About this task: Please give the data again in full, exactly as provided.

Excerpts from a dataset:
---

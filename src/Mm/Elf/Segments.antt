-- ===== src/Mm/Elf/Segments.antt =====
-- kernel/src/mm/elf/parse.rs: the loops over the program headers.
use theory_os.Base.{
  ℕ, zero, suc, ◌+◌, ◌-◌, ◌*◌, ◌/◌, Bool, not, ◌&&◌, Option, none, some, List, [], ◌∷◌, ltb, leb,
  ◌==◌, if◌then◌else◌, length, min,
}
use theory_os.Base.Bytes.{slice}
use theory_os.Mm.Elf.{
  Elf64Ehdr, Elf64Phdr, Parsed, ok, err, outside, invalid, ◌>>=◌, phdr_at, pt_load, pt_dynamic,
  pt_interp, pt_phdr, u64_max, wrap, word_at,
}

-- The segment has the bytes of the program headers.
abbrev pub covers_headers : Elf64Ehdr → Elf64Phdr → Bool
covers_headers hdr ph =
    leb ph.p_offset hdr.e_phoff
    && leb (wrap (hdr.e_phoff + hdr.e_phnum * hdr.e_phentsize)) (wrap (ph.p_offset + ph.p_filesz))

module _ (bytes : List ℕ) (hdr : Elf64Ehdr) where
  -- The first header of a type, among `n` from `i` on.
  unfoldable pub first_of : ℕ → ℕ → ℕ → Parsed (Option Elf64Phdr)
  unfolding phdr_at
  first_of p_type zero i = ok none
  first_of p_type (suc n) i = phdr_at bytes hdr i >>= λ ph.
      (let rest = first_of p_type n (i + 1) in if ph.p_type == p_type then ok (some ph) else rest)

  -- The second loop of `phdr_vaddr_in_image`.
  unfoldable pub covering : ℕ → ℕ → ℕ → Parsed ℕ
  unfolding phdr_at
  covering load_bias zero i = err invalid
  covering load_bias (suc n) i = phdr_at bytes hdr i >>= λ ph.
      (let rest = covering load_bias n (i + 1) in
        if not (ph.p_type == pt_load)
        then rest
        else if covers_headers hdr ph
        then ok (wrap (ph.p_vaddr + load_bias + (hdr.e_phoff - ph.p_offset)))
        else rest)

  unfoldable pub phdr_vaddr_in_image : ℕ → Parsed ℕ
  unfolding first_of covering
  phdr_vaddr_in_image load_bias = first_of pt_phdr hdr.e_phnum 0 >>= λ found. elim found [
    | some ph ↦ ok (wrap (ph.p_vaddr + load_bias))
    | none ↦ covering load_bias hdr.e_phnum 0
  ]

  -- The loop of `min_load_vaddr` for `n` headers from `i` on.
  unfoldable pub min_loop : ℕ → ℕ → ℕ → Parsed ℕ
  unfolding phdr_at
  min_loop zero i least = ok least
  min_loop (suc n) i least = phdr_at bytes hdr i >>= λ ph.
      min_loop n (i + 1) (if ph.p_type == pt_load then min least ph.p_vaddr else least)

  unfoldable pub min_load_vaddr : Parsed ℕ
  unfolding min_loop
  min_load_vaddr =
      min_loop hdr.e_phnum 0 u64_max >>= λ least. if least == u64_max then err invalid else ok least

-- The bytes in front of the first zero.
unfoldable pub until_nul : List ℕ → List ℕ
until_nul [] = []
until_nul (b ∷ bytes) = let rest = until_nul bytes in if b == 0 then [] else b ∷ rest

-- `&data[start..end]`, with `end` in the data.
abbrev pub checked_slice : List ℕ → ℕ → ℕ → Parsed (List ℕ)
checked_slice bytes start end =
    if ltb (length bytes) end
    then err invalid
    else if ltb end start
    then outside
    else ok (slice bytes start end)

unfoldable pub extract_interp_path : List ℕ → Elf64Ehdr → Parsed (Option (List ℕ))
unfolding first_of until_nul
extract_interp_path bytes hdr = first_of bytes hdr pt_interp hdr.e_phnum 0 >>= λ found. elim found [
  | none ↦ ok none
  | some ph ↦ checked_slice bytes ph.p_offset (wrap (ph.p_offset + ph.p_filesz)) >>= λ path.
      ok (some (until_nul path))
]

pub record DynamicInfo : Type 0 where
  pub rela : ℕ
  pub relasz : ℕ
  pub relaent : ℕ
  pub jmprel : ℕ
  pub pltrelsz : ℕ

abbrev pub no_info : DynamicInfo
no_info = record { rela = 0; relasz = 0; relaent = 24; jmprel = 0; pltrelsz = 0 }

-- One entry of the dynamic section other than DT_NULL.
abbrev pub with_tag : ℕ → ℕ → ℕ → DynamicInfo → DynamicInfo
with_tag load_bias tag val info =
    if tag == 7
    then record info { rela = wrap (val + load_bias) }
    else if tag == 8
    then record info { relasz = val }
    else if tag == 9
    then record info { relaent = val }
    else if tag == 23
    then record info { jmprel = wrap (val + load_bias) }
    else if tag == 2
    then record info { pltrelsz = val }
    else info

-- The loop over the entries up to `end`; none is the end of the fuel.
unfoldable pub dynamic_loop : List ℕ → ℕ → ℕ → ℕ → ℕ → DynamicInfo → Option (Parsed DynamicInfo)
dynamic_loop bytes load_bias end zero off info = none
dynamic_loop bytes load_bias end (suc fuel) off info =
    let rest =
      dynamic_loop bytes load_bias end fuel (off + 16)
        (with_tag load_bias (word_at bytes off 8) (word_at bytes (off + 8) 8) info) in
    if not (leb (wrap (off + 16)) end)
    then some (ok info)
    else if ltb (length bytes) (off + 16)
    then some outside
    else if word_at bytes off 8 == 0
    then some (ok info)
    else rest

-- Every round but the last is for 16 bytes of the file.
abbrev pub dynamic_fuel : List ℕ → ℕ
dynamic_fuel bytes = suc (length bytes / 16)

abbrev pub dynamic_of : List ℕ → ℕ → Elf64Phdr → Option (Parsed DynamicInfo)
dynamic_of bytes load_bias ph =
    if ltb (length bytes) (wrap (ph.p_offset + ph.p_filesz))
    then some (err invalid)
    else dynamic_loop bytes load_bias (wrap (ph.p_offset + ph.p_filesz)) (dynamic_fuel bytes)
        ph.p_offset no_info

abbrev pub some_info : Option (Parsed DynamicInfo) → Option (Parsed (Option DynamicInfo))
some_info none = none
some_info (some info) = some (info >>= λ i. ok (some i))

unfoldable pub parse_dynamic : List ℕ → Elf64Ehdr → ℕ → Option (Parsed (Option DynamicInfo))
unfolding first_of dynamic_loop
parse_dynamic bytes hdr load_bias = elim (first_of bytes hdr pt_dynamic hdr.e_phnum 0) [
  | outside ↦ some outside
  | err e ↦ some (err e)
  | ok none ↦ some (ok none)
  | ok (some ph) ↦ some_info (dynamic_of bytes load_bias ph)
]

---

Task output:
filename src/Mm/Elf/Segments.antt
-- ===== src/Mm/Elf/Segments.antt =====
-- kernel/src/mm/elf/parse.rs: the loops over the program headers.
use theory_os.Base.{
  ℕ, zero, suc, ◌+◌, ◌-◌, ◌*◌, ◌/◌, Bool, not, ◌&&◌, Option, none, some, List, [], ◌∷◌, ltb, leb,
  ◌==◌, if◌then◌else◌, length, min,
}
use theory_os.Base.Bytes.{slice}
use theory_os.Mm.Elf.{
  Elf64Ehdr, Elf64Phdr, Parsed, ok, err, outside, invalid, ◌>>=◌, phdr_at, pt_load, pt_dynamic,
  pt_interp, pt_phdr, u64_max, wrap, word_at,
}

-- The segment has the bytes of the program headers.
abbrev pub covers_headers : Elf64Ehdr → Elf64Phdr → Bool
covers_headers hdr ph =
    leb ph.p_offset hdr.e_phoff
    && leb (wrap (hdr.e_phoff + hdr.e_phnum * hdr.e_phentsize)) (wrap (ph.p_offset + ph.p_filesz))

module _ (bytes : List ℕ) (hdr : Elf64Ehdr) where
  -- The first header of a type, among `n` from `i` on.
  unfoldable pub first_of : ℕ → ℕ → ℕ → Parsed (Option Elf64Phdr)
  unfolding phdr_at
  first_of p_type zero i = ok none
  first_of p_type (suc n) i = phdr_at bytes hdr i >>= λ ph.
      (let rest = first_of p_type n (i + 1) in if ph.p_type == p_type then ok (some ph) else rest)

  -- The second loop of `phdr_vaddr_in_image`.
  unfoldable pub covering : ℕ → ℕ → ℕ → Parsed ℕ
  unfolding phdr_at
  covering load_bias zero i = err invalid
  covering load_bias (suc n) i = phdr_at bytes hdr i >>= λ ph.
      (let rest = covering load_bias n (i + 1) in
        if not (ph.p_type == pt_load)
        then rest
        else if covers_headers hdr ph
        then ok (wrap (ph.p_vaddr + load_bias + (hdr.e_phoff - ph.p_offset)))
        else rest)

  unfoldable pub phdr_vaddr_in_image : ℕ → Parsed ℕ
  unfolding first_of covering
  phdr_vaddr_in_image load_bias = first_of pt_phdr hdr.e_phnum 0 >>= λ found. elim found [
    | some ph ↦ ok (wrap (ph.p_vaddr + load_bias))
    | none ↦ covering load_bias hdr.e_phnum 0
  ]

  -- The loop of `min_load_vaddr` for `n` headers from `i` on.
  unfoldable pub min_loop : ℕ → ℕ → ℕ → Parsed ℕ
  unfolding phdr_at
  min_loop zero i least = ok least
  min_loop (suc n) i least = phdr_at bytes hdr i >>= λ ph.
      min_loop n (i + 1) (if ph.p_type == pt_load then min least ph.p_vaddr else least)

  unfoldable pub min_load_vaddr : Parsed ℕ
  unfolding min_loop
  min_load_vaddr =
      min_loop hdr.e_phnum 0 u64_max >>= λ least. if least == u64_max then err invalid else ok least

-- The bytes in front of the first zero.
unfoldable pub until_nul : List ℕ → List ℕ
until_nul [] = []
until_nul (b ∷ bytes) = let rest = until_nul bytes in if b == 0 then [] else b ∷ rest

-- `&data[start..end]`, with `end` in the data.
abbrev pub checked_slice : List ℕ → ℕ → ℕ → Parsed (List ℕ)
checked_slice bytes start end =
    if ltb (length bytes) end
    then err invalid
    else if ltb end start
    then outside
    else ok (slice bytes start end)

unfoldable pub extract_interp_path : List ℕ → Elf64Ehdr → Parsed (Option (List ℕ))
unfolding first_of until_nul
extract_interp_path bytes hdr = first_of bytes hdr pt_interp hdr.e_phnum 0 >>= λ found. elim found [
  | none ↦ ok none
  | some ph ↦ checked_slice bytes ph.p_offset (wrap (ph.p_offset + ph.p_filesz)) >>= λ path.
      ok (some (until_nul path))
]

pub record DynamicInfo : Type 0 where
  pub rela : ℕ
  pub relasz : ℕ
  pub relaent : ℕ
  pub jmprel : ℕ
  pub pltrelsz : ℕ

abbrev pub no_info : DynamicInfo
no_info = record { rela = 0; relasz = 0; relaent = 24; jmprel = 0; pltrelsz = 0 }

-- One entry of the dynamic section other than DT_NULL.
abbrev pub with_tag : ℕ → ℕ → ℕ → DynamicInfo → DynamicInfo
with_tag load_bias tag val info =
    if tag == 7
    then record info { rela = wrap (val + load_bias) }
    else if tag == 8
    then record info { relasz = val }
    else if tag == 9
    then record info { relaent = val }
    else if tag == 23
    then record info { jmprel = wrap (val + load_bias) }
    else if tag == 2
    then record info { pltrelsz = val }
    else info

-- The loop over the entries up to `end`; none is the end of the fuel.
unfoldable pub dynamic_loop : List ℕ → ℕ → ℕ → ℕ → ℕ → DynamicInfo → Option (Parsed DynamicInfo)
dynamic_loop bytes load_bias end zero off info = none
dynamic_loop bytes load_bias end (suc fuel) off info =
    let rest =
      dynamic_loop bytes load_bias end fuel (off + 16)
        (with_tag load_bias (word_at bytes off 8) (word_at bytes (off + 8) 8) info) in
    if not (leb (wrap (off + 16)) end)
    then some (ok info)
    else if ltb (length bytes) (off + 16)
    then some outside
    else if word_at bytes off 8 == 0
    then some (ok info)
    else rest

-- Every round but the last is for 16 bytes of the file.
abbrev pub dynamic_fuel : List ℕ → ℕ
dynamic_fuel bytes = suc (length bytes / 16)

abbrev pub dynamic_of : List ℕ → ℕ → Elf64Phdr → Option (Parsed DynamicInfo)
dynamic_of bytes load_bias ph =
    if ltb (length bytes) (wrap (ph.p_offset + ph.p_filesz))
    then some (err invalid)
    else dynamic_loop bytes load_bias (wrap (ph.p_offset + ph.p_filesz)) (dynamic_fuel bytes)
        ph.p_offset no_info

abbrev pub some_info : Option (Parsed DynamicInfo) → Option (Parsed (Option DynamicInfo))
some_info none = none
some_info (some info) = some (info >>= λ i. ok (some i))

unfoldable pub parse_dynamic : List ℕ → Elf64Ehdr → ℕ → Option (Parsed (Option DynamicInfo))
unfolding first_of dynamic_loop
parse_dynamic bytes hdr load_bias = elim (first_of bytes hdr pt_dynamic hdr.e_phnum 0) [
  | outside ↦ some outside
  | err e ↦ some (err e)
  | ok none ↦ some (ok none)
  | ok (some ph) ↦ some_info (dynamic_of bytes load_bias ph)
]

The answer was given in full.